Views introduce a layer of indirection and require the introduction of strides (without strides, transpose
cannot be implemented using views). Tinyarray has so far avoided introducing both which has the benefit of keeping data structures and memory access pattern simple and compact. Both are important for tinyarray’s speed which is of crucial importance.
Anyway, the biggest benefit of views is with large arrays. A PyVarObject
object without any payload consists of five size_t
, that is 40 bytes on 64 bit architectures. Hence, allocating and creating a new array involves a certain ovehead. The data of a small array is typically comparable in size, so that views seem not worth it for typical (i.e. tiny) arrays.
So far, the absence of views does not break compatibility with NumPy: a copy of an immutable array behaves the same as a copy. However, if mutable tinyarrays were to be introduced, we would face the following choice:
-
Accept that tinyarrays behave differently from NumPy arrays when views are involved. This is not unheard of: if
l
is a list,l[:]
creates a view butl[1:]
creates a copy. And tinyarray already deviates from NumPy in other ways: the numerical comparison operators (==
,<
, etc.) work like for tuples: otherwise tinyarrays would not be usable as keys for dictionaries. -
Implement views for tinyarrays.

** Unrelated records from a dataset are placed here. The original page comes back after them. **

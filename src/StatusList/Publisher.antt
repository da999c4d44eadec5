-- ===== src/StatusList/Publisher.antt =====
-- publishList of apps/minister/src/lib/status-list/publish.ts: a signed list for the verifiers,
-- with the bits of the entries whose revocation may be shown. The update asks for the version that
-- was read, and after a race the whole is tried again.
use minister.Common.{
  ℕ, suc, ◌+◌, ◌*◌, ◌/◌, max, String, Bool, true, not, ◌&&◌, Option, none, some, List, [], ◌∷◌, map,
  keep, take, ltb, leb, nat_beq, if◌then◌else◌, Entries, lookup, insert, string_eq, ◌==◌, given,
  stop_if,
}
use minister.StatusList.{set_bits}
use minister.StatusList.Registry.{StatusEntry, is_set}

abbrev pub publish_max_attempts : ℕ
publish_max_attempts = 4

abbrev pub validity_window_ms : ℕ
validity_window_ms = 15 * 60_000

abbrev pub heartbeat_ms : ℕ
heartbeat_ms = validity_window_ms / 3

-- The largest number of a column of four bytes.
abbrev pub max_int4 : ℕ
max_int4 = 2_147_483_647

pub record ListRow : Type 0 where
  pub version : ℕ
  pub bits : List ℕ
  pub signed_jwt : String
  pub published_at : ℕ

pub record Lists : Type 0 where
  pub rows : Entries String ListRow
  pub entries : List StatusEntry

-- The list in a payload is its bits, before compression. The constant parts, such as the types and the
-- refresh hint, are left out.
pub record StatusListPayload : Type 0 where
  pub iss : String
  pub sub : String
  pub iat : ℕ
  pub exp : ℕ
  pub jti : String
  pub status_list_version : ℕ
  pub encoded_list : List ℕ

-- A publication has its version, whether a bit was set, and how many.
pub data PublishResult : Type 0 where
  unpublished : PublishResult
  published : ℕ → Bool → ℕ → PublishResult

pub data Outcome : Type 0 where
  returned : PublishResult → Outcome
  raced : Outcome
  threw : Outcome

unfoldable pub may_reveal : ℕ → Option ℕ → Bool
may_reveal now none = true
may_reveal now (some t) = leb t now

unfoldable pub is_eligible : ℕ → String → StatusEntry → Bool
is_eligible now list_id e =
    (e.list_id == list_id) && is_set e.revoked_at && may_reveal now e.reveal_after

unfoldable pub eligible_bits : ℕ → String → List StatusEntry → List ℕ
eligible_bits now list_id entries = map (λ e. e.bit_index) (keep (is_eligible now list_id) entries)

-- What one try of the loop needs from outside: a random id, the tables that its reads see, and
-- those that its update meets.
pub record Try : Type 0 where
  pub jti : String
  pub seen : Lists
  pub store : Lists

-- `url_of` is the address of a list, `sign` compresses and signs a payload, where `none` is a
-- throw, also of a payload that is too long.
module _ (url_of : String → String) (sign : StatusListPayload → Option String) where
  unfoldable pub build_status_list_payload :
      String → String → List ℕ → ℕ → ℕ → String → StatusListPayload
  build_status_list_payload issuer_did list_id bits version now jti = record {
    iss = issuer_did;
    sub = url_of list_id;
    iat = now / 1000;
    exp = (now + validity_window_ms) / 1000;
    jti = jti;
    status_list_version = version;
    encoded_list = bits;
  }

  -- The update of the row where it still has the version that was read. A version that the column cannot
  -- hold is a throw.
  unfoldable pub update_list :
      ℕ → String → ListRow → ℕ × List ℕ → ℕ → String → Lists → Outcome × Lists
  update_list now list_id row (revoked, bits) version jwt store =
      stop_if (ltb max_int4 version) (threw, store)
        (given (lookup store.rows list_id) (raced, store)
          (λ stored.
            stop_if (not (nat_beq stored.version row.version)) (raced, store)
              (
                returned (published version (ltb 0 revoked) revoked),
                record store {
                  rows = insert store.rows list_id (record {
                    version = version;
                    bits = if ltb 0 revoked then bits else stored.bits;
                    signed_jwt = jwt;
                    published_at = now;
                  });
                },
              )))

  -- One round of the loop.
  unfoldable pub publish_attempt : ℕ → Bool → String → String → Try → Outcome × Lists
  publish_attempt now force issuer_did list_id t =
      given (lookup t.seen.rows list_id) (returned unpublished, t.store)
        (λ row.
          given (set_bits row.bits (eligible_bits now list_id t.seen.entries)) (threw, t.store)
            (λ set.
              let is_stale = leb (row.published_at + heartbeat_ms) now in
              stop_if (not (ltb 0 set.0) && not (row.signed_jwt == "") && not is_stale && not force)
                (returned unpublished, t.store)
                (let version = max (suc row.version) (now / 1000) in
                  let payload =
                    build_status_list_payload issuer_did list_id set.1 version now t.jti in
                  given (sign payload) (threw, t.store)
                    (λ jwt. update_list now list_id row set version jwt t.store))))

  -- What a try leaves, or the next try after a race.
  unfoldable pub or_again : Outcome × Lists → Outcome × Option Lists → Outcome × Option Lists
  or_again (raced, last) again = again
  or_again (returned r, last) again = (returned r, some last)
  or_again (threw, last) again = (threw, some last)

  unfoldable pub try_each : ℕ → Bool → String → String → List Try → Outcome × Option Lists
  try_each now force issuer_did list_id [] = (returned unpublished, none)
  try_each now force issuer_did list_id (t ∷ tries) =
      or_again (publish_attempt now force issuer_did list_id t)
        (try_each now force issuer_did list_id tries)

  -- The tables after the last try, `none` if every try has lost a race.
  unfoldable pub publish_list : ℕ → Bool → String → String → List Try → Outcome × Option Lists
  publish_list now force issuer_did list_id tries =
      try_each now force issuer_did list_id (take publish_max_attempts tries)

This would have benefits for somewhat larger arrays, but also costs in terms of storage and runtime.
Data layout
Tinyarrays are PyVarObjects
and use a trick to reduce the storage size: the obligatory ob_size
field is used in a clever way:
-
When
ob_size >= 0
, it stores the length of a 1-dimensional array. -
When
ob_size < -1
, its absolute value stores the number of dimensions (ndim
). The shape is stored separately. -
The meaning of
ob_size == -1
isndim = 0
.
This way of storing things has two advantages:
-
In the common case of
ndim == 1
no shape needs to be stored. This saves onesize_t
, i.e. 8 bytes. -
When the method
Array_base::ndim_shape
(see filearray.hh
) returns the number of dimensions and shape, it is able to return a pointer to the shape even in the special casendim == 1
: a pointer to theob_size
field is returned, which corresponds to the shape!

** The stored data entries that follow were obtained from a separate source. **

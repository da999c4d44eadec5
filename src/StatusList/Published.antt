-- ===== src/StatusList/Published.antt =====
-- What a publication says.
use minister.Common.{
  ℕ, ◌+◌, ◌/◌, ◌≤◌, ◌<◌, String, ◌≡◌, refl, sym, ap, ◌∙◌, inl, inr, Bool, true, false, not, ◌||◌,
  Option, none, some, List, [], ◌∷◌, take, Bool-cases, any, arith, In, here, there, ltb, nat_beq,
  length, All, All-take, if◌then◌else◌, lookup, insert, string_eq, given-rule, stop_if-rule,
}
use minister.StatusList.{shard_size_bits, get_bit, set_bits}
use minister.StatusList.Publish.{set_bits-get_bit, set_bits-same}
use minister.StatusList.Registry.{StatusEntry}
use minister.StatusList.Publisher.{
  ListRow, Lists, StatusListPayload, unpublished, published, Outcome, returned, raced, threw,
  eligible_bits, Try, update_list, publish_attempt, or_again, try_each, publish_list,
  build_status_list_payload, max_int4, validity_window_ms, is_eligible,
}

-- The bits of each list are full, and each index of an entry is one of theirs.
unfoldable pub IsReadable : String → Lists → Type 0
IsReadable list_id lists =
    ((row : ListRow) → lookup lists.rows list_id ≡ some row → length row.bits ≡ 1024)
    × All (λ (e : StatusEntry). e.bit_index < shard_size_bits) lists.entries

pub eligible-within :
    (now : ℕ) (list_id : String) (entries : List StatusEntry)
    → All (λ (e : StatusEntry). e.bit_index < shard_size_bits) entries
    → All (λ i. i < shard_size_bits) (eligible_bits now list_id entries)
unfolding eligible_bits
eligible-within now list_id [] h = tt
eligible-within now list_id (e ∷ es) h = elim (Bool-cases (is_eligible now list_id e)) [
  | inl shown ↦ rw shown ((h.0, eligible-within now list_id es h.1))
  | inr hidden ↦ rw hidden (eligible-within now list_id es h.1)
]

same_set :
    (n k : ℕ) (a b : List ℕ) → ◌≡◌ {A = Option (ℕ × List ℕ)} (some (n, a)) (some (k, b)) → a ≡ b
same_set n k a b e = cc

set-reads :
    (bits indices : List ℕ) (set : ℕ × List ℕ)
    → length bits ≡ 1024
    → All (λ i. i < shard_size_bits) indices
    → set_bits bits indices ≡ some set
    → (j : ℕ) (old : Bool) → get_bit bits j ≡ some old
    → get_bit set.1 j ≡ some (any (nat_beq j) indices || old)
set-reads bits indices set full within done j old read =
    let (revoked, last, its, _, reads) = set_bits-get_bit bits indices full within in
    let p : last ≡ set.1 = same_set revoked set.0 last set.1 (sym its ∙ done) in
    ap (λ bs. get_bit bs j) (sym p) ∙ reads j old read

not-false : (b : Bool) → not b ≡ false → b ≡ true
not-false b h = ground arith

module _ (url_of : String → String) (sign : StatusListPayload → Option String) where
  -- A publication of a list, of a row that its reads saw.
  unfoldable pub IsPublication : ℕ → String → String → Try → ℕ → Bool → Lists → Type 0
  IsPublication now issuer_did list_id t version changed last =
      (row stored next : ListRow) × (payload : StatusListPayload) × (lookup t.seen.rows list_id
        ≡ some row)
      × (lookup t.store.rows list_id ≡ some stored)
      × (stored.version ≡ row.version)
      × (row.version < version)
      × (now / 1000 ≤ version)
      × (version ≤ max_int4)
      × (last ≡ record t.store { rows = insert t.store.rows list_id next })
      × (next.version ≡ version)
      × (sign payload ≡ some next.signed_jwt)
      × (payload.iss ≡ issuer_did)
      × (payload.sub ≡ url_of list_id)
      × (payload.status_list_version ≡ version)
      × (payload.exp ≡ (now + validity_window_ms) / 1000)
      × (changed ≡ false → payload.encoded_list ≡ row.bits)
      × (next.bits ≡ (if changed then payload.encoded_list else stored.bits))
      × ((j : ℕ) (old : Bool)
          → get_bit row.bits j ≡ some old
          → get_bit payload.encoded_list j
            ≡ some (any (nat_beq j) (eligible_bits now list_id t.seen.entries) || old))

  unfoldable pub IsOutcome : ℕ → String → String → Try → Outcome × Lists → Type 0
  IsOutcome now issuer_did list_id t (returned (published version changed n), last) =
      IsPublication now issuer_did list_id t version changed last
  IsOutcome now issuer_did list_id t (returned unpublished, last) = last ≡ t.store
  IsOutcome now issuer_did list_id t (raced, last) = last ≡ t.store
  IsOutcome now issuer_did list_id t (threw, last) = last ≡ t.store

  -- An outcome that publishes nothing.
  IsQuiet : Outcome → Type 0
  IsQuiet (returned (published version changed n)) = ⊥
  IsQuiet (returned unpublished) = Unit
  IsQuiet raced = Unit
  IsQuiet threw = Unit

  stays :
      (r : Outcome) (now : ℕ) (issuer_did list_id : String) (t : Try)
      → IsQuiet r
      → IsOutcome now issuer_did list_id t (r, t.store)
  unfolding IsOutcome IsQuiet
  stays (returned (published version changed n)) now issuer_did list_id t q = absurd q
  stays (returned unpublished) now issuer_did list_id t q = refl
  stays raced now issuer_did list_id t q = refl
  stays threw now issuer_did list_id t q = refl

  update_list-IsOutcome :
      (now : ℕ) (issuer_did list_id : String) (t : Try) (row : ListRow) (set : ℕ × List ℕ)
      (version : ℕ) (jwt : String)
      → lookup t.seen.rows list_id ≡ some row
      → row.version < version
      → now / 1000 ≤ version
      → sign (build_status_list_payload url_of sign issuer_did list_id set.1 version now t.jti)
        ≡ some jwt
      → (set.0 ≡ 0 → set.1 ≡ row.bits)
      → ((j : ℕ) (old : Bool)
          → get_bit row.bits j ≡ some old
          → get_bit set.1 j
            ≡ some (any (nat_beq j) (eligible_bits now list_id t.seen.entries) || old))
      → IsOutcome now issuer_did list_id t
          (update_list url_of sign now list_id row set version jwt t.store)
  unfolding update_list IsOutcome IsPublication build_status_list_payload
  update_list-IsOutcome now issuer_did list_id t row set version jwt found newer late signed unset
        reads =
      let P = IsOutcome now issuer_did list_id t in
      stop_if-rule P _ _ _ (λ _. refl)
        (λ fits.
          given-rule P _ _ _ (λ _. refl)
            (λ stored has_stored.
              stop_if-rule P _ _ _ (λ _. refl)
                (λ same. (
                  row,
                  stored,
                  record {
                    version = version;
                    bits = if ltb 0 set.0 then set.1 else stored.bits;
                    signed_jwt = jwt;
                    published_at = now;
                  },
                  build_status_list_payload url_of sign issuer_did list_id set.1 version now t.jti,
                  found,
                  has_stored,
                  ground (arith, same),
                  newer,
                  late,
                  ground (arith, fits),
                  refl,
                  refl,
                  signed,
                  refl,
                  refl,
                  refl,
                  refl,
                  λ clear. unset (ground (arith, clear)),
                  refl,
                  reads,
                ))))

  publish_attempt-IsOutcome :
      (now : ℕ) (force : Bool) (issuer_did list_id : String) (t : Try)
      → IsReadable list_id t.seen
      → IsOutcome now issuer_did list_id t
          (publish_attempt url_of sign now force issuer_did list_id t)
  unfolding publish_attempt IsReadable IsQuiet
  publish_attempt-IsOutcome now force issuer_did list_id t readable =
      let P = IsOutcome now issuer_did list_id t in
      given-rule P _ _ _ (λ _. stays (returned unpublished) now issuer_did list_id t tt)
        (λ row found.
          given-rule P _ _ _ (λ _. stays threw now issuer_did list_id t tt)
            (λ set is_set.
              stop_if-rule P _ _ _ (λ _. stays (returned unpublished) now issuer_did list_id t tt)
                (λ _.
                  given-rule P _ _ _ (λ _. stays threw now issuer_did list_id t tt)
                    (λ jwt signed.
                      update_list-IsOutcome now issuer_did list_id t row set _ jwt found
                        (omega arith) (omega arith) signed
                        (λ clear. set_bits-same row.bits _ set is_set clear)
                        (λ j old read.
                          set-reads row.bits _ set (readable.0 row found)
                            (eligible-within now list_id t.seen.entries readable.1) is_set j old
                            read)))))

  -- The outcome of a run of tries.
  unfoldable pub IsRun : ℕ → String → String → List Try → Outcome × Option Lists → Type 0
  IsRun now issuer_did list_id tries (returned (published version changed n), some last) =
      (t : Try) × In t tries × IsPublication now issuer_did list_id t version changed last
  IsRun now issuer_did list_id tries (returned (published version changed n), none) = ⊥
  IsRun now issuer_did list_id tries (returned unpublished, some last) =
      (t : Try) × In t tries × (last ≡ t.store)
  IsRun now issuer_did list_id tries (returned unpublished, none) = Unit
  IsRun now issuer_did list_id tries (raced, last) = ⊥
  IsRun now issuer_did list_id tries (threw, some last) = (t : Try) × In t tries × (last ≡ t.store)
  IsRun now issuer_did list_id tries (threw, none) = ⊥

  later-IsRun :
      (now : ℕ) (issuer_did list_id : String) (t : Try) (tries : List Try)
      (out : Outcome × Option Lists)
      → IsRun now issuer_did list_id tries out
      → IsRun now issuer_did list_id (t ∷ tries) out
  unfolding IsRun
  later-IsRun now issuer_did list_id t tries (returned (published version changed n), some last)
        (u, m, h) =
      (u, there m, h)
  later-IsRun now issuer_did list_id t tries (returned (published version changed n), none) h = h
  later-IsRun now issuer_did list_id t tries (returned unpublished, some last) (u, m, h) =
      (u, there m, h)
  later-IsRun now issuer_did list_id t tries (returned unpublished, none) h = h
  later-IsRun now issuer_did list_id t tries (raced, last) h = h
  later-IsRun now issuer_did list_id t tries (threw, some last) (u, m, h) = (u, there m, h)
  later-IsRun now issuer_did list_id t tries (threw, none) h = h

  or_again-IsRun :
      (now : ℕ) (issuer_did list_id : String) (t : Try) (tries : List Try) (out : Outcome × Lists)
      (again : Outcome × Option Lists)
      → IsOutcome now issuer_did list_id t out
      → IsRun now issuer_did list_id tries again
      → IsRun now issuer_did list_id (t ∷ tries) (or_again url_of sign out again)
  unfolding IsOutcome IsRun or_again
  or_again-IsRun now issuer_did list_id t tries (returned (published version changed n), last) again
        h k =
      (t, here, h)
  or_again-IsRun now issuer_did list_id t tries (returned unpublished, last) again h k =
      (t, here, h)
  or_again-IsRun now issuer_did list_id t tries (threw, last) again h k = (t, here, h)
  or_again-IsRun now issuer_did list_id t tries (raced, last) again h k =
      later-IsRun now issuer_did list_id t tries again k

  try_each-IsRun :
      (now : ℕ) (force : Bool) (issuer_did list_id : String) (tries : List Try)
      → All (λ (t : Try). IsReadable list_id t.seen) tries
      → IsRun now issuer_did list_id tries (try_each url_of sign now force issuer_did list_id tries)
  unfolding try_each IsRun
  try_each-IsRun now force issuer_did list_id [] h = tt
  try_each-IsRun now force issuer_did list_id (t ∷ tries) h =
      or_again-IsRun now issuer_did list_id t tries _ _
        (publish_attempt-IsOutcome now force issuer_did list_id t h.0)
        (try_each-IsRun now force issuer_did list_id tries h.1)

  -- A publication of a list, whatever other writers do between its reads and its updates. It
  -- publishes at most once, in one of its first four tries, and leaves the tables as they were in
  -- any other outcome. Then the row still had the version that was read, and gets a larger one, that its column can hold; the
  -- payload that was signed names the list, the version and its expiry; and each bit of it is set
  -- exactly if it was set before or is the bit of an entry that was revoked and may be shown. The
  -- row gets those bits if the result says that one has changed, and if not, they are the bits that
  -- were read. The lists that are read are full, with entries
  -- within them.
  pub publish_list-IsRun :
      (now : ℕ) (force : Bool) (issuer_did list_id : String) (tries : List Try)
      → All (λ (t : Try). IsReadable list_id t.seen) tries
      → IsRun now issuer_did list_id
          (take 4 tries)
          (publish_list url_of sign now force issuer_did list_id tries)
  unfolding publish_list
  publish_list-IsRun now force issuer_did list_id tries h =
      try_each-IsRun now force issuer_did list_id (take 4 tries)
        (All-take (λ (t : Try). IsReadable list_id t.seen) 4 tries h)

Unfortunately, in the case where we want to store a mutability bit for each array, I do not see how to store it in ob_size
while keeping the above optimization. The problem is not the loss of one bit for ndim
or size, but that there is no way that ob_size
can correspond to the shape for both mutable and immutable arrays.
A practical solution would be to use ob_size
to store ndim
as well as mutability. The shape would then have to be stored separately, also in the case of one-dimensional arrays. That’s probably negligible.
Preliminary synthesis
I’d like to hear what others think is the best way to balance the above constraints.
Currently, I tend to:
-
Types: Do not introduce new types. Store mutability for each new array instance.
-
API: Make each new array initially mutable. Freeze upon first call of
__hash__
or when requested manually through thefreeze
method. -
Views: Do not introduce views. Accept that semantics differs from NumPy (as it does now).
-
Data layout: Accept the additional
size_t
for one-dimensional arrays.
Do you see serious problems caused by the above choices?